DESCRIPTION OF THE TASK:
Provide the number of lines of the records that include "some", with no other content.

[Records excerpted from a collection]
-- ===== src/Tests/Routing.antt =====
-- Runs of src/core/routing.ts.
use cross_tab_worker_databus.Base.{
  ℕ, ◌≤◌, ◌≡◌, refl, sym, subst, ◌↔◌, ◌⊎◌, inl, inr, true, false, none, some, List, [], ◌∷◌, length,
  In, nat_has_eq,
}
use cross_tab_worker_databus.Base.JsString.{Text, text}
use cross_tab_worker_databus.Base.Number.{diff, diff_number}
use cross_tab_worker_databus.Types.{WorkerRecord, WorkerStatus, WorkerRole, TabVisibility}
use cross_tab_worker_databus.Routing.Select.{
  select_least_loaded_worker, select_active_workers, active_candidates, before, sort, insert_sorted,
  is_visible,
}
use cross_tab_worker_databus.Routing.Topics.{is_empty, topic_matches_pattern}
use cross_tab_worker_databus.Routing.SelectLaws.{IsLeastOf, select_least_loaded_worker-IsLeastOf}
use cross_tab_worker_databus.Routing.OrderLaws.{chosen_id, select_least_loaded_worker-order}
use cross_tab_worker_databus.Routing.ActiveLaws.{
  IsAvailable, select_active_workers-earliest, select_active_workers-eligible,
}
use cross_tab_worker_databus.Routing.TopicsLaws.{Covers, topic_matches_pattern-Covers}

abbrev worker : Text → ℕ → ℕ → TabVisibility → WorkerRecord diff_number
worker id load at v = record {
  protocol_version = some 1;
  worker_id = id;
  tab_id = id;
  load = diff load 0;
  throughput = none;
  role = WorkerRole.active;
  status = WorkerStatus.connected;
  visibility_state = v;
  heartbeat_at = 0;
  registered_at = at;
}

abbrev busy : WorkerRecord diff_number
busy = worker (text "a") 5 10 TabVisibility.visible

abbrev idle : WorkerRecord diff_number
idle = worker (text "b") 1 20 TabVisibility.hidden

abbrev both : List (WorkerRecord diff_number)
both = busy ∷ idle ∷ []

select_least_loaded_worker-IsLeastOf_example :
    IsLeastOf diff_number none both (select_least_loaded_worker diff_number both none none)
select_least_loaded_worker-IsLeastOf_example =
    select_least_loaded_worker-IsLeastOf diff_number none both

swap : (w : WorkerRecord diff_number) → In w (busy ∷ idle ∷ []) ↔ In w (idle ∷ busy ∷ [])
swap w = (there, back)
  where
    there : In w (busy ∷ idle ∷ []) → In w (idle ∷ busy ∷ [])
    there (inl e) = inr (inl e)
    there (inr (inl e)) = inl e
    there (inr (inr e)) = inr (inr e)

    back : In w (idle ∷ busy ∷ []) → In w (busy ∷ idle ∷ [])
    back (inl e) = inr (inl e)
    back (inr (inl e)) = inl e
    back (inr (inr e)) = inr (inr e)

select_least_loaded_worker-order_example :
    chosen_id diff_number none (select_least_loaded_worker diff_number both none none)
    ≡ chosen_id diff_number none
        (select_least_loaded_worker diff_number (idle ∷ busy ∷ []) none none)
select_least_loaded_worker-order_example =
    select_least_loaded_worker-order diff_number none both (idle ∷ busy ∷ []) swap

chosen : select_active_workers diff_number both 2 ≡ busy ∷ []
unfolding select_active_workers active_candidates sort insert_sorted
chosen = refl

candidates : active_candidates diff_number both ≡ busy ∷ []
unfolding active_candidates
candidates = refl

select_active_workers-earliest_example :
    (length (select_active_workers diff_number both 2) ≤ 2)
    × (In busy (select_active_workers diff_number both 2) ⊎ (before diff_number busy busy ≡ false))
select_active_workers-earliest_example =
    select_active_workers-earliest diff_number both 2 busy busy
      (subst (In busy) (sym chosen) (inl refl)) (subst (In busy) (sym candidates) (inl refl))

select_active_workers-eligible_example :
    IsAvailable diff_number both busy
    × ((is_visible busy.visibility_state ≡ true) ⊎ (is_visible idle.visibility_state ≡ false))
select_active_workers-eligible_example =
    select_active_workers-eligible diff_number both 2 busy idle
      (subst (In busy) (sym chosen) (inl refl)) (inr (inl refl), inl refl)

topic_matches_pattern-Covers_example : (topic_matches_pattern (text "a.*") (text "a.b") ≡ true) ↔ (
    (is_empty (text "a.*") ≡ false)
    × (is_empty (text "a.b") ≡ false)
    × Covers (text "a.*") (text "a.b"))
topic_matches_pattern-Covers_example = topic_matches_pattern-Covers (text "a.*") (text "a.b")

SOLUTION TO THIS PROBLEM:
2